The Show Forces People To Stop Lying To Themselves

If The Wolf of Wall Street taught us anything, it's that lying and opportunism make the world go round. Lies, of all shapes and sizes, infect our air and water as much as plastic particles, and while corrupt governments, mega-corporations, and cheating partners (Justin Timberlake, your time will come) everywhere know this, that doesn't mean it's good for us. 

It's easy to paint lying as a one-tier act, something that people intentionally do to hurt others, and in the context of Catfish, this is often true. Catfishers will concoct entire fictional universes in order to secure nudes, confessions of love, and even marital commitments from doting strangers. But one of the strengths of the show is that it showcases and calls out all the less obvious lies people tell, particularly to themselves. While the big reveal forces the hand of catfishers creating obvious lies, the arc of each episode forces the hopeless romantic to admit how many red flags they've overlooked, the goalposts they've moved for infatuation, and in many cases, the full-on denial they've embraced. 

In one intense episode, Chelsea sets out to meet her online crush Charles from Plenty of Fish, only to discover she's been catfished by her best friend Domo. When asked for the reasoning behind the theatrical betrayal, Domo explains this was the singular way she knew how to express her true feelings: "I had a crush on you for almost two years now. I was scared, and I felt more comfortable being this guy, who I know you liked, who was your type. I want to see if you want to be more than friends."

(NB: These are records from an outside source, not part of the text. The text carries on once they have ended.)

-- ===== src/Server/Stream/Examples.antt =====
-- A worker that streams the answer to a job while another job fails.
use agent_gpu.Prelude.{
  ◌+◌, ◌≡◌, refl, String, Bool, true, false, none, List, [], ◌∷◌, ◌++◌, count, values, str_append,
  lookup, insert, remove,
}
use agent_gpu.Types.{JobChunk, JobError}
use agent_gpu.Server.Stream.{
  Stream, add_pending, resolve, append_delta, finish, accumulate, final_result, gathered, cleared,
  forward_chunk, fail_waiters, end_observers, fail_all_pending,
}
use agent_gpu.Server.Stream.Answers.{
  Call, adds_pending, accumulates, fails_all, run, all_answered, all_opened, all_given_up,
  run-count, step, answered,
}
use agent_gpu.Server.Stream.Output.{deltas}
use agent_gpu.Server.Stream.Observers.{Lines, deliver_all, accumulate-fail_all_pending_race}

abbrev pub idle : Stream
idle = record {
  id = "w1";
  pending = [];
  streams = [];
  observers = [];
  registered_at = 5;
  models = [];
  last_heartbeat = 5;
  active_jobs = 0;
  total_vram = 0;
  free_vram = 0;
  load = 0;
  gpu_type = "";
  available_models = [];
  is_draining = false;
  is_cancelled = false;
}

abbrev pub says : String → String → Bool → JobChunk
says job text is_done = record {
  job_id = job;
  delta = text;
  is_done = is_done;
  error = none;
  tokens = 3;
  tool_calls = [];
  finish_reason = "stop";
  prompt_tokens = 1;
  completion_tokens = 2;
}

abbrev lost : JobError
lost = record { code = "worker_stale"; message = "worker missed heartbeats" }

-- Two jobs are dispatched, one is answered, and the stream is lost.
abbrev calls : List Call
calls =
    adds_pending "j1" 1
    ∷ adds_pending "j2" 2
    ∷ accumulates (says "j1" "he" false)
    ∷ accumulates (says "j1" "llo" true)
    ∷ fails_all lost
    ∷ []

history_answers : all_answered calls idle ≡ 1 ∷ 2 ∷ []
unfolding all_answered step answered add_pending accumulate append_delta finish resolve cleared
    gathered final_result forward_chunk fail_all_pending fail_waiters end_observers insert remove
    lookup
history_answers = refl

run-count_example :
    count 1 (all_answered calls idle)
      + count 1 (values (run calls idle).pending)
      + count 1 (all_given_up calls idle)
    ≡ count 1 (values idle.pending) + count 1 (all_opened calls)
run-count_example = run-count 1 calls idle (record { pending_map = tt; observers_map = tt })

abbrev waiting : Stream
waiting = record idle { pending = ("j1", 7) ∷ [] }

abbrev between : List Call
between = accumulates (says "j1" "he" false) ∷ accumulates (says "j2" "x" false) ∷ []

deltas-between : str_append (deltas "j1" between) "llo" ≡ "hello"
unfolding deltas
deltas-between = refl

abbrev watched : Stream
watched = record idle { pending = ("j1", 7) ∷ []; observers = ("j1", 8) ∷ [] }

abbrev open_lines : Lines
open_lines ch = record { buffer = []; is_closed = false }

accumulate-fail_all_pending_race_example :
    deliver_all
      ((fail_all_pending lost (accumulate (says "j1" "he" false) watched).0).1
        ++ (accumulate (says "j1" "he" false) watched).1)
      open_lines
    ≡ none
unfolding lookup
accumulate-fail_all_pending_race_example =
    accumulate-fail_all_pending_race (says "j1" "he" false) watched 8 lost open_lines refl refl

To make matters more intense, Chelsea's not only living with Domo but sharing a bed with her at the time of this episode (Shakespeare is quaking in his grave at this drama). After finding out the truth, Chelsea quickly moves back home, and Domo is forced to accept that she couldn't devoutly hide her sexuality, nor could she trick her friend if she wanted to have healthy relationships. After the initial reveal, the two sit with Max and Nev to hash out boundaries in hopes of rebuilding the friendship. And while Domo's forced to get honest with herself about her desires, Chelsea has to stop lying to herself about red flags.

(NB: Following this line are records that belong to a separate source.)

-- ===== src/Worker/Ollama.antt =====
-- `ChatStream` of internal/ollama/ollama.go and OllamaExecutor of internal/worker/executor.go. The
-- HTTP exchange, encoding/json and `isModelNotFound` are arguments: a response is a failure, or the
-- lines of its body as they decode, with how the body ends.
use agent_gpu.Prelude.{
  ℕ, ℤ, pos, negsuc, ◌+◌, ◌%◌, ◌^◌, ltb, ◌==◌, String, str_eq, str_append, Bool, false, not, ◌||◌,
  Option, none, some, List, [], ◌∷◌, ◌++◌, length, if◌then◌else◌,
}
use agent_gpu.Types.{Message, Tool, ToolCall, Job, JobChunk, JobResult, JobError}
use agent_gpu.Worker.{Executor}

-- An error of the transport, with its text.
pub data TransportFailure : Type 0 where
  deadline_exceeded canceled unreachable : String → TransportFailure

unfoldable pub transport_error : TransportFailure → String → JobError
transport_error (deadline_exceeded text) op = record {
  code = "timeout";
  message = str_append op (str_append ": " text);
}
transport_error (canceled text) op = record {
  code = "timeout";
  message = str_append op (str_append ": " text);
}
transport_error (unreachable text) op = record {
  code = "ollama_unreachable";
  message = str_append op (str_append ": " text);
}

-- `chatResponse`, with the tool calls in the program's form.
pub record ChatResponse : Type 0 where
  pub content : String
  pub calls : List ToolCall
  pub is_done : Bool
  pub done_reason : String
  pub eval_count : ℕ  -- uint64
  pub prompt_eval_count : ℕ  -- uint64
  pub error : String

pub data StreamLine : Type 0 where
  cancelled : TransportFailure → StreamLine
  empty_line : StreamLine
  garbled : String → StreamLine
  object : ChatResponse → StreamLine

pub data Response : Type 0 where
  failed : JobError → Response
  body : List StreamLine → Option TransportFailure → Response

pub record ChatResult : Type 0 where
  pub prompt_tokens : ℕ
  pub completion_tokens : ℕ
  pub tokens : ℕ
  pub tool_calls : List ToolCall
  pub done_reason : String

abbrev pub no_result : ChatResult
no_result = record {
  prompt_tokens = 0;
  completion_tokens = 0;
  tokens = 0;
  tool_calls = [];
  done_reason = "";
}

-- What is emitted, the result, and the error beside it.
abbrev pub Streamed : Type 0
Streamed = List (String × List ToolCall) × ChatResult × Option JobError

abbrev pub has_delta : String → List ToolCall → Bool
has_delta content calls = not (str_eq content "") || ltb 0 (length calls)

abbrev pub emitted : String → List ToolCall → Streamed → Streamed
emitted content calls (deltas, result, error) =
    (if has_delta content calls then (content, calls) ∷ deltas else deltas, result, error)

unfoldable pub complete : ChatResponse → ChatResult → ChatResult
complete co result = record result {
  prompt_tokens = co.prompt_eval_count;
  completion_tokens = co.eval_count;
  tokens = (co.eval_count + co.prompt_eval_count) % 2 ^ 64;
  done_reason = co.done_reason;
}

module _ (is_model_not_found : String → Bool) where
  unfoldable pub error_from_message : String → JobError
  error_from_message msg =
      if is_model_not_found msg
      then record { code = "model_not_found"; message = msg }
      else record { code = "ollama_error"; message = msg }

  unfoldable pub scan : List StreamLine → Option TransportFailure → ChatResult → Streamed
  unfolding transport_error error_from_message complete
  scan [] none result = (
    [],
    result,
    some (record { code = "ollama_error"; message = "chat stream ended without completion" }),
  )
  scan [] (some e) result = ([], result, some (transport_error e "read chat stream"))
  scan (cancelled e ∷ lines) end result = ([], result, some (transport_error e "chat cancelled"))
  scan (empty_line ∷ lines) end result = scan lines end result
  scan (garbled text ∷ lines) end result = (
    [],
    result,
    some (record { code = "ollama_error"; message = str_append "decode chat chunk: " text }),
  )
  scan (object co ∷ lines) end result =
      let with_calls = record result { tool_calls = result.tool_calls ++ co.calls } in
      let rest = scan lines end with_calls in
      if not (str_eq co.error "")
      then ([], result, some (error_from_message co.error))
      else emitted co.content co.calls
          (if co.is_done then ([], complete co with_calls, none) else rest)

  unfoldable pub chat_stream : Response → Streamed
  unfolding scan
  chat_stream (failed e) = ([], no_result, some e)
  chat_stream (body lines end) = scan lines end no_result

pub record ChatRequest : Type 0 where
  pub model : String
  pub messages : List Message
  pub tools : List Tool
  pub keep_alive : Option ℤ

unfoldable pub keep_alive_of : ℤ → Option ℤ
keep_alive_of (pos seconds) = if seconds == 0 then none else some (pos seconds)
keep_alive_of (negsuc n) = some (negsuc n)

unfoldable pub chat_messages : Job → List Message
chat_messages job = elim job.messages [
  | [] ↦
      record { role = "user"; content = job.prompt; tool_call_id = ""; name = ""; tool_calls = [] }
      ∷ []
  | m ∷ messages ↦ m ∷ messages
]

unfoldable pub finish_reason_of : ChatResult → String
finish_reason_of res =
    if ltb 0 (length res.tool_calls)
    then "tool_calls"
    else if str_eq res.done_reason "length"
    then "length"
    else if str_eq res.done_reason "" || str_eq res.done_reason "stop"
    then "stop"
    else res.done_reason

-- The chunks of the deltas that have something, and the text of all.
unfoldable pub chunks_from : String → List (String × List ToolCall) → List JobChunk
chunks_from job [] = []
chunks_from job ((delta, calls) ∷ deltas) =
    let rest = chunks_from job deltas in
    if has_delta delta calls
    then record {
      job_id = job;
      delta = delta;
      is_done = false;
      error = none;
      tokens = 0;
      tool_calls = calls;
      finish_reason = "";
      prompt_tokens = 0;
      completion_tokens = 0;
    }
      ∷ rest
    else rest

unfoldable pub text_of : List (String × List ToolCall) → String
text_of [] = ""
text_of ((delta, calls) ∷ deltas) = str_append delta (text_of deltas)

unfoldable pub job_result : Job → Streamed → JobResult
job_result job (deltas, res, some e) = record {
  job_id = job.id;
  output = text_of deltas;
  error = some e;
  tokens = res.tokens;
  tool_calls = [];
  finish_reason = "";
  prompt_tokens = 0;
  completion_tokens = 0;
}
job_result job (deltas, res, none) = record {
  job_id = job.id;
  output = text_of deltas;
  error = none;
  tokens = res.tokens;
  tool_calls = res.tool_calls;
  finish_reason = finish_reason_of res;
  prompt_tokens = res.prompt_tokens;
  completion_tokens = res.completion_tokens;
}

-- `Execute`, over what the backend responds to a request.
unfoldable pub ollama_executor : (ChatRequest → Streamed) → Executor
ollama_executor client job =
    let streamed = client (record {
      model = job.model;
      messages = chat_messages job;
      tools = job.tools;
      keep_alive = keep_alive_of job.keep_alive_seconds;
    }) in
    (chunks_from job.id streamed.0, job_result job streamed)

So while Catfish may be a show that regularly gasps at blurry nudes, shows us screenshots of people's drunken emoji-laden confessions, and features men convinced they're dating Katy Perry (even after he met the catfish he still thought Katy was waiting for him), it's also a show that models healthy and restorative ways of resolving conflict. At least, that's what I tell myself when I've been watching it for 10 hours.